━━ Data for this task
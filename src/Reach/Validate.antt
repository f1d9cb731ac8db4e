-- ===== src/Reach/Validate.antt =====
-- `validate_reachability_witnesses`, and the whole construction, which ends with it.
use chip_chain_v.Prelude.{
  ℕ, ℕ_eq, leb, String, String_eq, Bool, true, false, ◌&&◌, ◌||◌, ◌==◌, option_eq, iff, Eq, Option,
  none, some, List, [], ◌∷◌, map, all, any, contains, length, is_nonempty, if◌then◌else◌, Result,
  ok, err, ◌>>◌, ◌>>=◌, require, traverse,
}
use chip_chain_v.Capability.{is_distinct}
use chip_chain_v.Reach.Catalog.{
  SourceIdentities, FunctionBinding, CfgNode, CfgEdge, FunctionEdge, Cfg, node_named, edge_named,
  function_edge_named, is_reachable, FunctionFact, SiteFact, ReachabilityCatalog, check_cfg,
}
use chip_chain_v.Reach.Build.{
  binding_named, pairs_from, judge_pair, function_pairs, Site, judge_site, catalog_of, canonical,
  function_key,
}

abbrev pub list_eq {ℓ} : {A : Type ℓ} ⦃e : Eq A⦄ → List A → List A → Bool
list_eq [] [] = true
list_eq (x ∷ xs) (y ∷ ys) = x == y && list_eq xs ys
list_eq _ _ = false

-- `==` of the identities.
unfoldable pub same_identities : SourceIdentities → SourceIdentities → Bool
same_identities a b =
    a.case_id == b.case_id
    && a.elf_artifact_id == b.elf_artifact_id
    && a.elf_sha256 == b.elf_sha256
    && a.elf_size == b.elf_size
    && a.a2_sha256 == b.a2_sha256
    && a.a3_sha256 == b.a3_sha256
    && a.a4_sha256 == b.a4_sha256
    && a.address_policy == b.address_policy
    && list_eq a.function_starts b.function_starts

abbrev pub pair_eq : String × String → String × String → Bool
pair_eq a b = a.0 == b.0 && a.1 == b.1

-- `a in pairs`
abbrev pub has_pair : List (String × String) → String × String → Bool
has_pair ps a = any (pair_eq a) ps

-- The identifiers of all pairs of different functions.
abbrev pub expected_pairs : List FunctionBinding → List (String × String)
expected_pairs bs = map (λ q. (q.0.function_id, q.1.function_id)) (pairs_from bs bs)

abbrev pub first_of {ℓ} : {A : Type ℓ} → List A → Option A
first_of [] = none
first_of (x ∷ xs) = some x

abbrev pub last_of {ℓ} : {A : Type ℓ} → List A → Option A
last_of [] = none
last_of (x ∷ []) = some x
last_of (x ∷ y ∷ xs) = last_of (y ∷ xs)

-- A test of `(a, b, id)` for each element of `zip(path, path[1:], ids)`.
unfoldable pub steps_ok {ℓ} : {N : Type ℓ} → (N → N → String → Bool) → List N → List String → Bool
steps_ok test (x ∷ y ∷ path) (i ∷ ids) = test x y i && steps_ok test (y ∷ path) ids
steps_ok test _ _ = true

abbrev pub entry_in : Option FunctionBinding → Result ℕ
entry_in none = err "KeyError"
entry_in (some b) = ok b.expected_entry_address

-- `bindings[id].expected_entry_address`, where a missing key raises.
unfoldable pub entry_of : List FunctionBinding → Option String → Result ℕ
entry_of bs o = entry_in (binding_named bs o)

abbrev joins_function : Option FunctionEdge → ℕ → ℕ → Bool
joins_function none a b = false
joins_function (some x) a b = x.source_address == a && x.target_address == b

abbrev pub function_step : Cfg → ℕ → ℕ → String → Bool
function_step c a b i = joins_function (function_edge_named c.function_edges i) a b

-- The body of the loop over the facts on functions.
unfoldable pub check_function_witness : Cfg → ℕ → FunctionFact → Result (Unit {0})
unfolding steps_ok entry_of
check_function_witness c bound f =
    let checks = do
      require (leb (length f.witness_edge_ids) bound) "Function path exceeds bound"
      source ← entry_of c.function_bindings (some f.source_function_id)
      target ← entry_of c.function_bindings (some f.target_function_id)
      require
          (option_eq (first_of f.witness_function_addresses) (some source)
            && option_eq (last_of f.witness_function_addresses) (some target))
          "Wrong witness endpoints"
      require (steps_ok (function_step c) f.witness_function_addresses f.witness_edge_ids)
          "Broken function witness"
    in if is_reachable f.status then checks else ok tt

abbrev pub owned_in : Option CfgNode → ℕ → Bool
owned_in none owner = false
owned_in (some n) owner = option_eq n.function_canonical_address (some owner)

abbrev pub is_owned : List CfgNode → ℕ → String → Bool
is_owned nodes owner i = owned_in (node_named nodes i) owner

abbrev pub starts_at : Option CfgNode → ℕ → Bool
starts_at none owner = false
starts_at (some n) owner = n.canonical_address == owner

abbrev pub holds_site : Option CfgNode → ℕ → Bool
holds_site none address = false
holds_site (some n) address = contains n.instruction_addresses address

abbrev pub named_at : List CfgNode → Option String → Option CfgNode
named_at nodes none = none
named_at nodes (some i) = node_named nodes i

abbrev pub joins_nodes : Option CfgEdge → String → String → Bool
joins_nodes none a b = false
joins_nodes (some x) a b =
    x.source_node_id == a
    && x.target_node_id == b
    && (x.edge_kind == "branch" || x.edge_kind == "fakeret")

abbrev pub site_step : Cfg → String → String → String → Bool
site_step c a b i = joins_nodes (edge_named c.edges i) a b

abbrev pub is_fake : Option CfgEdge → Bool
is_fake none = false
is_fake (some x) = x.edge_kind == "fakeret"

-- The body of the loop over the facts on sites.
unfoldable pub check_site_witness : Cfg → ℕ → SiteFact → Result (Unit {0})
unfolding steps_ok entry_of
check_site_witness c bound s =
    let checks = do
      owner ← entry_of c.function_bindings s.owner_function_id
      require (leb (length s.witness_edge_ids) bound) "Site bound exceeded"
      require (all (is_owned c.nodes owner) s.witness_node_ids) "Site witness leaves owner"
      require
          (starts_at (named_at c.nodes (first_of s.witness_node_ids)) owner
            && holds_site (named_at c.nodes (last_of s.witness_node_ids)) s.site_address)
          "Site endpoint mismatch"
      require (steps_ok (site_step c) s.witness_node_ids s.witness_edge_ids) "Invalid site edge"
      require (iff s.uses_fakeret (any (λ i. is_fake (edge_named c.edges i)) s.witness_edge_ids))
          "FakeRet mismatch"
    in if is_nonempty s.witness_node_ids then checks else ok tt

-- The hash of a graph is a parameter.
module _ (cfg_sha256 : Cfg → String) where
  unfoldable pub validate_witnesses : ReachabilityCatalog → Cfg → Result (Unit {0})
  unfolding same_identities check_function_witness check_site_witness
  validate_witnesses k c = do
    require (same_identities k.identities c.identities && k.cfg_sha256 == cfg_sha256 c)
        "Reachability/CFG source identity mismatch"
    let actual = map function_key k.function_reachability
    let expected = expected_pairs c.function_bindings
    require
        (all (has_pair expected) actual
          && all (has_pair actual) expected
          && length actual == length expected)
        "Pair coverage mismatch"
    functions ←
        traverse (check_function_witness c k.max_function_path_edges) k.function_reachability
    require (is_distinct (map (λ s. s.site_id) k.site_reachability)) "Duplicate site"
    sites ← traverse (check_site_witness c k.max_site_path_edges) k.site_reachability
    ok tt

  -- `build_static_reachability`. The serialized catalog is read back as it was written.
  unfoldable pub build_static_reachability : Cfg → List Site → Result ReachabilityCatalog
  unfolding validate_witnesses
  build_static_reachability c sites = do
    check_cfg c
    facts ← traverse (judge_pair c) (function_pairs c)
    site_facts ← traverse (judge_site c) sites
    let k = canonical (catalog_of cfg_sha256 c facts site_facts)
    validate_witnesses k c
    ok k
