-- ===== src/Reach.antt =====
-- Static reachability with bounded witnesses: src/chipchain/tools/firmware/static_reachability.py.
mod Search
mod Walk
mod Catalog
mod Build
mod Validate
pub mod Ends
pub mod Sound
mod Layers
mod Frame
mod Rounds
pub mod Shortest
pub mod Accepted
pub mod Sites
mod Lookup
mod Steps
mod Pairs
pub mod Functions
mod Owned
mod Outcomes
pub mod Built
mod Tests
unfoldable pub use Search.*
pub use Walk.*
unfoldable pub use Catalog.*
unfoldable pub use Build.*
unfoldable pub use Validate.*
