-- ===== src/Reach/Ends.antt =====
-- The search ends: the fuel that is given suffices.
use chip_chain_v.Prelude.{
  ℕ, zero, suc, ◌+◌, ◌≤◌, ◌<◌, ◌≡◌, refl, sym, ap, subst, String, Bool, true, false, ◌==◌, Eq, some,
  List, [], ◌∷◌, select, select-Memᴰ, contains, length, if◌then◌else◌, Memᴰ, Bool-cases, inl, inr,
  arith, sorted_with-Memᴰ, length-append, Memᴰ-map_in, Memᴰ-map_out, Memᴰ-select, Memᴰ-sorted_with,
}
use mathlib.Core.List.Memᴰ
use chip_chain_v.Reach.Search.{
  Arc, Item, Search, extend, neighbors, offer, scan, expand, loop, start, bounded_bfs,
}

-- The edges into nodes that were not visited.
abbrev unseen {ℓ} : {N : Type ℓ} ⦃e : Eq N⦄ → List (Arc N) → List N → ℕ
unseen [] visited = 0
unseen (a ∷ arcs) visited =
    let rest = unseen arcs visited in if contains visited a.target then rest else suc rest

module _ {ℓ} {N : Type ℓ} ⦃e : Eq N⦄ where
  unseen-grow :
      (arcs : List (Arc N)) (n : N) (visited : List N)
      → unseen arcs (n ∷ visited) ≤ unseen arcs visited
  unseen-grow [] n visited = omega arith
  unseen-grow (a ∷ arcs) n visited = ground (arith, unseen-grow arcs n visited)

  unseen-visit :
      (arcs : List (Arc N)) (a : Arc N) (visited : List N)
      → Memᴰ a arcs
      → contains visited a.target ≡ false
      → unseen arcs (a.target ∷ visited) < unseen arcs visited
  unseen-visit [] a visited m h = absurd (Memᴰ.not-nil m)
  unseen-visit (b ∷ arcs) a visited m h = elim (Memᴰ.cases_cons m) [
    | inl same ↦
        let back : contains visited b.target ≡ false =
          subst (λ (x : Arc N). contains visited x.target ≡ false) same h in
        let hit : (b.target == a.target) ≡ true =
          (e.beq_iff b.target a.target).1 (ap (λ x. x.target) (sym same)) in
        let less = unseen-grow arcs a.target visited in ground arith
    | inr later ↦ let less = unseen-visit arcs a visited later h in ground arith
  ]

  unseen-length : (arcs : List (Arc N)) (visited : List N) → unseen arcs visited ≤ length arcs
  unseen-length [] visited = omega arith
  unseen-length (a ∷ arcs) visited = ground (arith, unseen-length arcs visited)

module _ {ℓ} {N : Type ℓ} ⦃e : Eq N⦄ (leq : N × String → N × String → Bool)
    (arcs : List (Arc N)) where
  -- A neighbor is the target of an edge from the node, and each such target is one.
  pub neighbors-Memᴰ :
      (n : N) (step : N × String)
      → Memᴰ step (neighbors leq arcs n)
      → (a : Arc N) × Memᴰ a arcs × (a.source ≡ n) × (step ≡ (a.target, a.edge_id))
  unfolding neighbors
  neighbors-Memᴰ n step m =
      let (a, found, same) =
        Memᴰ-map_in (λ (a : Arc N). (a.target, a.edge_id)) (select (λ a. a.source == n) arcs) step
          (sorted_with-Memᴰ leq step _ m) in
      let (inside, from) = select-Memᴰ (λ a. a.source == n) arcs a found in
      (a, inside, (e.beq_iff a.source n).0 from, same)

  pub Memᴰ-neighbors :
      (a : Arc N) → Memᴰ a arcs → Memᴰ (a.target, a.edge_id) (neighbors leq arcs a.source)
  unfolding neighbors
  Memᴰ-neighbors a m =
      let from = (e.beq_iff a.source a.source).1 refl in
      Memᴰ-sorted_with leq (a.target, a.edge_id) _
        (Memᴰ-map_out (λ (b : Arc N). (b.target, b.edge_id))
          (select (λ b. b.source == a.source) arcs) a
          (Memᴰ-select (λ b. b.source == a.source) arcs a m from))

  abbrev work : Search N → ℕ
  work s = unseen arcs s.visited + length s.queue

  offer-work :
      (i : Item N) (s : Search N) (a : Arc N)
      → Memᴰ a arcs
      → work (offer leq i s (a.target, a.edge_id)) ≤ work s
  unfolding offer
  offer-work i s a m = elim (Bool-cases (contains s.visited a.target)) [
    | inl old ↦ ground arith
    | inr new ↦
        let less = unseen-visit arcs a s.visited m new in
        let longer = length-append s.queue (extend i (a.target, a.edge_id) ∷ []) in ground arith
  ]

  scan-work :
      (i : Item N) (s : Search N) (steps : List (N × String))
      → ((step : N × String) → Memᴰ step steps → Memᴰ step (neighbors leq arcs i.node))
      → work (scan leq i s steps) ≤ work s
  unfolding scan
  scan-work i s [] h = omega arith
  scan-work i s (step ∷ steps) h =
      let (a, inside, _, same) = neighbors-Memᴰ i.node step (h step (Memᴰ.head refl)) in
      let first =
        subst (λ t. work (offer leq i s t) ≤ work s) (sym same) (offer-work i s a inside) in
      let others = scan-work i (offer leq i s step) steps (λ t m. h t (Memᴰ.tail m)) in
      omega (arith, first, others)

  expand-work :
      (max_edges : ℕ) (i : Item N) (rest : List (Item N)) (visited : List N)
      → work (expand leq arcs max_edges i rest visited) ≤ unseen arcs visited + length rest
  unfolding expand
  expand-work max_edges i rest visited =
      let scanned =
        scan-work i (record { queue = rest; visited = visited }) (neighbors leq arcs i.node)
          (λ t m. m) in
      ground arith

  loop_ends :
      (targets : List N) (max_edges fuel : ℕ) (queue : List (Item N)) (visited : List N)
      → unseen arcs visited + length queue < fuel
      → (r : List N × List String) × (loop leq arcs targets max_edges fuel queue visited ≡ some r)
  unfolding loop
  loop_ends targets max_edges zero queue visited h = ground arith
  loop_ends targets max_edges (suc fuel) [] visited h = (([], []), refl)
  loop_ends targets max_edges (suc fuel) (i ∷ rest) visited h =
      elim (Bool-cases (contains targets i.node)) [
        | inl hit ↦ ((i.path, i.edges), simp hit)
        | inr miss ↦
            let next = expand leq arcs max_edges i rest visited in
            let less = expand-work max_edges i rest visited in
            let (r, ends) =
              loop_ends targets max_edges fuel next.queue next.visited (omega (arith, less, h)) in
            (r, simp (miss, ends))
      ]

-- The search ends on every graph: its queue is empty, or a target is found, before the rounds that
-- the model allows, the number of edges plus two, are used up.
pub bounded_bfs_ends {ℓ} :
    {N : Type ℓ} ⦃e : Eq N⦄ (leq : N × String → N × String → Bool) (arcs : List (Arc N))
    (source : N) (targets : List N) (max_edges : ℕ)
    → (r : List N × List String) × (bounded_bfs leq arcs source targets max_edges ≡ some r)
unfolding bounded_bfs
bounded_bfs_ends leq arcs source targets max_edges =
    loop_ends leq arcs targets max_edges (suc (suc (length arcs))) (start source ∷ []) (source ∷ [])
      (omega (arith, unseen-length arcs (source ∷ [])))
━━━━
━━ Data for this task
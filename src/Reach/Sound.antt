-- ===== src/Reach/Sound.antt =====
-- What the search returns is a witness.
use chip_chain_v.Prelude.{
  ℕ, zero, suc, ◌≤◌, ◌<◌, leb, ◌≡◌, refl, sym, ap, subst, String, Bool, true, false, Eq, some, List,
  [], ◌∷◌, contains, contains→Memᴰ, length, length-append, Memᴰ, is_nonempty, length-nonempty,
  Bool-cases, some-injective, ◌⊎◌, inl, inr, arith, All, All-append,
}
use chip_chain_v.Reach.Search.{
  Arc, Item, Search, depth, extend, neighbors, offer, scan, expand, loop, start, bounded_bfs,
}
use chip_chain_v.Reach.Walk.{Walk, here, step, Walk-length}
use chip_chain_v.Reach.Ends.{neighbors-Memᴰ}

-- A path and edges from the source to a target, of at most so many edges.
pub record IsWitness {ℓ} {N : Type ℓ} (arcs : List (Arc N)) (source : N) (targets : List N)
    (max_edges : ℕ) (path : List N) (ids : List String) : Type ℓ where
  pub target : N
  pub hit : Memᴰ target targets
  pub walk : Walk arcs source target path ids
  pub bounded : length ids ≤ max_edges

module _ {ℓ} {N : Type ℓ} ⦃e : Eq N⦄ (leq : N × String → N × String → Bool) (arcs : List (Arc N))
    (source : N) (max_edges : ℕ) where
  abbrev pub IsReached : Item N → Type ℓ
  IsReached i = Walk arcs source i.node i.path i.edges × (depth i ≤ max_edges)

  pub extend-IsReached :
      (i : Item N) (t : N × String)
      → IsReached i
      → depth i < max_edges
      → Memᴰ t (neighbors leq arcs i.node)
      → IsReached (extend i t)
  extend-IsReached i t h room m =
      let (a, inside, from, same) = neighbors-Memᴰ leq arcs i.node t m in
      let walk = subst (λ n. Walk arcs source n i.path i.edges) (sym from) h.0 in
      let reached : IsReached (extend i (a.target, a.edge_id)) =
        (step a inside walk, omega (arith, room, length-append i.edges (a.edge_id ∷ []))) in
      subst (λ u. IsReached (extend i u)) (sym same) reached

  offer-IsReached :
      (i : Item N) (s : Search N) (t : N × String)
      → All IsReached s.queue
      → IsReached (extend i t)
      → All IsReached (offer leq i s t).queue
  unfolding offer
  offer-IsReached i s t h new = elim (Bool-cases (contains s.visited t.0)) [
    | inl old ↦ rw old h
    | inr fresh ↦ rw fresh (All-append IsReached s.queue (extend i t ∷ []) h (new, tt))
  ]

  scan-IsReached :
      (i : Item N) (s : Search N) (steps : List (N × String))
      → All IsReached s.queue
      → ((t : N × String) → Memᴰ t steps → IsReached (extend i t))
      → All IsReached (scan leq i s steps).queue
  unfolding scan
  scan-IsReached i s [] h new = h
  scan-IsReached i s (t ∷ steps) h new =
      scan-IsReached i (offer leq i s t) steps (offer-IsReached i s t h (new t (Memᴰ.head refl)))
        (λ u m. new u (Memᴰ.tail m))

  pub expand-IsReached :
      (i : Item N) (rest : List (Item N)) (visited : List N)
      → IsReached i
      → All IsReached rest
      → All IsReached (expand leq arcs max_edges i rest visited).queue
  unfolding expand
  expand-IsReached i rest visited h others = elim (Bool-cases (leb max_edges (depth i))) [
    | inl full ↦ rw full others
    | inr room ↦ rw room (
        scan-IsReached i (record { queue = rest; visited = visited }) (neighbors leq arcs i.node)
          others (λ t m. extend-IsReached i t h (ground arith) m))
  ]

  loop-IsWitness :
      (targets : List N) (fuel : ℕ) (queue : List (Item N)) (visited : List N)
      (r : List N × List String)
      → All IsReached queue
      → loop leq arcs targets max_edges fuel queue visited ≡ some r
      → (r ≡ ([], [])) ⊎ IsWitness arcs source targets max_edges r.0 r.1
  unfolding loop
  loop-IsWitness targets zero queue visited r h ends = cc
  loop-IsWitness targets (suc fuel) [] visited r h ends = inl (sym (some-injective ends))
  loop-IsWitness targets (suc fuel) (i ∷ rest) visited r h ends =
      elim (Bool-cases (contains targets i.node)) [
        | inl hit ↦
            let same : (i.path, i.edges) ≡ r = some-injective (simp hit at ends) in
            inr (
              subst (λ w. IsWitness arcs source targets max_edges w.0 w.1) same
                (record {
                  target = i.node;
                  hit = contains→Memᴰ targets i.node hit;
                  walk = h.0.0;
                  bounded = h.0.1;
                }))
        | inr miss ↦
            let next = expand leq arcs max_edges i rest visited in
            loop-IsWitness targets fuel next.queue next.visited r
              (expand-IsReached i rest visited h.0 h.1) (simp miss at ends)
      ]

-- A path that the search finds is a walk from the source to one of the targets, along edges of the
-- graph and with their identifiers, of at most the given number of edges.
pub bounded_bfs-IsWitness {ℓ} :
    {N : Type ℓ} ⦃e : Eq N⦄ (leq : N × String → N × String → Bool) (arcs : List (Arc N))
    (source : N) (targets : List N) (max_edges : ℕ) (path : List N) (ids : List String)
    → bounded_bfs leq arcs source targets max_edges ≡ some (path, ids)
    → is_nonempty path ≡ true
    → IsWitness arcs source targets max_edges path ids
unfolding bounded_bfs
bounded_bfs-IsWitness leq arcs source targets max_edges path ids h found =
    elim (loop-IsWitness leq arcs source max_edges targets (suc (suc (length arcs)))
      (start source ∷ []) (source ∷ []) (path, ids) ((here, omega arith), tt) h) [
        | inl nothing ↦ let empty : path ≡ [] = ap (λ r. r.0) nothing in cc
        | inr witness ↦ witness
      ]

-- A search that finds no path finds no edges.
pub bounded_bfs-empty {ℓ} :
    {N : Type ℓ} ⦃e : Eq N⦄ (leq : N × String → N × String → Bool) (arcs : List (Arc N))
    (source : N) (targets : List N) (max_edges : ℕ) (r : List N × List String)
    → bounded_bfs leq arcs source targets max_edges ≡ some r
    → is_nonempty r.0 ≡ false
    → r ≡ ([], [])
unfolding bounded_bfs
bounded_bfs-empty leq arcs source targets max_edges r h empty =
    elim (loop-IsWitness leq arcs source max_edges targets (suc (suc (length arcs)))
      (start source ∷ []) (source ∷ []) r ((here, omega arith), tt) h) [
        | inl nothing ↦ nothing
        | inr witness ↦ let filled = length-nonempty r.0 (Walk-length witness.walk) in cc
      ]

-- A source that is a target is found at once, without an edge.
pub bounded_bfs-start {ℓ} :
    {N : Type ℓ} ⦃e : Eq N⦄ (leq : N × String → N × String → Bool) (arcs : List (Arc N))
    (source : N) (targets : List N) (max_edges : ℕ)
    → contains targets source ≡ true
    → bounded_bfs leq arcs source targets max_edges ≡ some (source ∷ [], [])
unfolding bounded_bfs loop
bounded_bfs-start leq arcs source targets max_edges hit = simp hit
━━━━
━━ Data for this task
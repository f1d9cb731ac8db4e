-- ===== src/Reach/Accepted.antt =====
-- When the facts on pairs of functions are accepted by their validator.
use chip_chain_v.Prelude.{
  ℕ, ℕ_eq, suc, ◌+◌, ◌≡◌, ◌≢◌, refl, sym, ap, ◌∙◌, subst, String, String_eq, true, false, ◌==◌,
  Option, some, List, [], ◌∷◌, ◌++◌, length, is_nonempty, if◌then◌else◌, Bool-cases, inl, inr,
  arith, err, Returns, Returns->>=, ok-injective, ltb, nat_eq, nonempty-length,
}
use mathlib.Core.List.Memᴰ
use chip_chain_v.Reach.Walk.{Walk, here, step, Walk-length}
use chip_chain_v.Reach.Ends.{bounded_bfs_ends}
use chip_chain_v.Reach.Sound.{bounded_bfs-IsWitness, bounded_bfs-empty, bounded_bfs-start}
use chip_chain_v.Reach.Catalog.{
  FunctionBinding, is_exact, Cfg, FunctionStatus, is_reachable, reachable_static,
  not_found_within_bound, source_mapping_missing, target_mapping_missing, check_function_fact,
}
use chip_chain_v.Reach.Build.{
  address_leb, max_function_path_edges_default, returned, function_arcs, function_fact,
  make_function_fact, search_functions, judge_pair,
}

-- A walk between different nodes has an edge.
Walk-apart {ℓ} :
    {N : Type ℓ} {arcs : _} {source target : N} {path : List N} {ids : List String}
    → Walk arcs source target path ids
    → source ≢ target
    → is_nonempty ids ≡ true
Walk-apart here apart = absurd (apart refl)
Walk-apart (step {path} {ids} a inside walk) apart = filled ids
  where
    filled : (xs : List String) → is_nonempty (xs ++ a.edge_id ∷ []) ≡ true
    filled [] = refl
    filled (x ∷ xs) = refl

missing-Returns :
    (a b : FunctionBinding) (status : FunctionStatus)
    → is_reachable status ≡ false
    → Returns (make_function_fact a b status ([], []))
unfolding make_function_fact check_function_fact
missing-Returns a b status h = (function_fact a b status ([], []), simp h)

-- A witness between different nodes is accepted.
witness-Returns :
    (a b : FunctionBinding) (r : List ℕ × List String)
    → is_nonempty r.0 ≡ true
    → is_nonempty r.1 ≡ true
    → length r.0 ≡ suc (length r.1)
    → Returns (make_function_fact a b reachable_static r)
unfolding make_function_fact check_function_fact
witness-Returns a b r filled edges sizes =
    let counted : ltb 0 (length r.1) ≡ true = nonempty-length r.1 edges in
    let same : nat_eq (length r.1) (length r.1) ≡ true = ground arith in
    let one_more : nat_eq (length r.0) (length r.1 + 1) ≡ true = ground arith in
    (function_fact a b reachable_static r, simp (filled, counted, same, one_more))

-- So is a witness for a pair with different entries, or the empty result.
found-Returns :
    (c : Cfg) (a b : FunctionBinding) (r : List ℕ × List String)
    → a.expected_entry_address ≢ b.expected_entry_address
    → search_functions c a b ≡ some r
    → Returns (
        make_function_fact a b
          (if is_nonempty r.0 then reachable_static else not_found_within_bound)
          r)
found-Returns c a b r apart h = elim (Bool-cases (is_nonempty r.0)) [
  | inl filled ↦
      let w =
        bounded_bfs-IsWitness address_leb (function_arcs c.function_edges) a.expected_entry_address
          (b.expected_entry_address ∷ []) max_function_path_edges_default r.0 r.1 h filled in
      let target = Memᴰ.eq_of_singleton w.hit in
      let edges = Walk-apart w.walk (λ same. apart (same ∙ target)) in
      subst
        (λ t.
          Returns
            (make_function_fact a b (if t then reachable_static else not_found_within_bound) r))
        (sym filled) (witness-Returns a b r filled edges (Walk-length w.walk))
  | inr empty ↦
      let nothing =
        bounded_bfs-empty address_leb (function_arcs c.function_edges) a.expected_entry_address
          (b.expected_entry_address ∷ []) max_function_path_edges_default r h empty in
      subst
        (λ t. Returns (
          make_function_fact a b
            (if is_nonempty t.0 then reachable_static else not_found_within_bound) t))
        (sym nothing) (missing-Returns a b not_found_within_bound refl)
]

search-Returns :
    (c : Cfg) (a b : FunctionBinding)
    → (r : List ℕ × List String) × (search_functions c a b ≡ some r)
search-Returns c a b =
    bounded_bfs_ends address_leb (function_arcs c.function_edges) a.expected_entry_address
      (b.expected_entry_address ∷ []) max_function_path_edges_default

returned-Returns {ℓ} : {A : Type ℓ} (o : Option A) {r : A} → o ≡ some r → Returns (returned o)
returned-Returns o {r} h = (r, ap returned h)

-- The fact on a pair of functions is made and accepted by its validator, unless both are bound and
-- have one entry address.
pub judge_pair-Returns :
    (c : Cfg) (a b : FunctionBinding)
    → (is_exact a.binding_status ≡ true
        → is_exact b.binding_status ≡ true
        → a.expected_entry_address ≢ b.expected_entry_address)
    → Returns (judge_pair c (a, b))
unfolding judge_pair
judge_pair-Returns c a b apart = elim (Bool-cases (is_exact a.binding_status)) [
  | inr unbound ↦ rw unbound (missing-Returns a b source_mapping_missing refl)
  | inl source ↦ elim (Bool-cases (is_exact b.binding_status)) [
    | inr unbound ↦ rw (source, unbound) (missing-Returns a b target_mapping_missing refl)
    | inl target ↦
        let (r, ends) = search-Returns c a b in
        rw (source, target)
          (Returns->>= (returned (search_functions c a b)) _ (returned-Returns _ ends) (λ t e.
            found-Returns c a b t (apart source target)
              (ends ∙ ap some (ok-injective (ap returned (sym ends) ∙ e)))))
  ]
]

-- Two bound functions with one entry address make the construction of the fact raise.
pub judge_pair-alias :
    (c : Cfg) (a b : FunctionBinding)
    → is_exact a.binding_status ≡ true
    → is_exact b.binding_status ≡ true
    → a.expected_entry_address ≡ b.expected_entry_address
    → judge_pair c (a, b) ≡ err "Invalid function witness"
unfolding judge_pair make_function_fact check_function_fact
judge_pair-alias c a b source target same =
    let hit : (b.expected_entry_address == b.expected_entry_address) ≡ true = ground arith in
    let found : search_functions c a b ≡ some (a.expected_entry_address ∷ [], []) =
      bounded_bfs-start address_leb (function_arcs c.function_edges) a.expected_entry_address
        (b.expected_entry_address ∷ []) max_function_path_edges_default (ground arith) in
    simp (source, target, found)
━━━━
● Task brief
Reproduce, word for word and in full, only the lines above that start at the line with "abbrev pub expected_pairs" and run through the line with "missing key raises.", both ends included.

● Answer for the task
abbrev pub expected_pairs : List FunctionBinding → List (String × String)
expected_pairs bs = map (λ q. (q.0.function_id, q.1.function_id)) (pairs_from bs bs)

abbrev pub first_of {ℓ} : {A : Type ℓ} → List A → Option A
first_of [] = none
first_of (x ∷ xs) = some x

abbrev pub last_of {ℓ} : {A : Type ℓ} → List A → Option A
last_of [] = none
last_of (x ∷ []) = some x
last_of (x ∷ y ∷ xs) = last_of (y ∷ xs)

-- A test of `(a, b, id)` for each element of `zip(path, path[1:], ids)`.
unfoldable pub steps_ok {ℓ} : {N : Type ℓ} → (N → N → String → Bool) → List N → List String → Bool
steps_ok test (x ∷ y ∷ path) (i ∷ ids) = test x y i && steps_ok test (y ∷ path) ids
steps_ok test _ _ = true

abbrev pub entry_in : Option FunctionBinding → Result ℕ
entry_in none = err "KeyError"
entry_in (some b) = ok b.expected_entry_address

-- `bindings[id].expected_entry_address`, where a missing key raises.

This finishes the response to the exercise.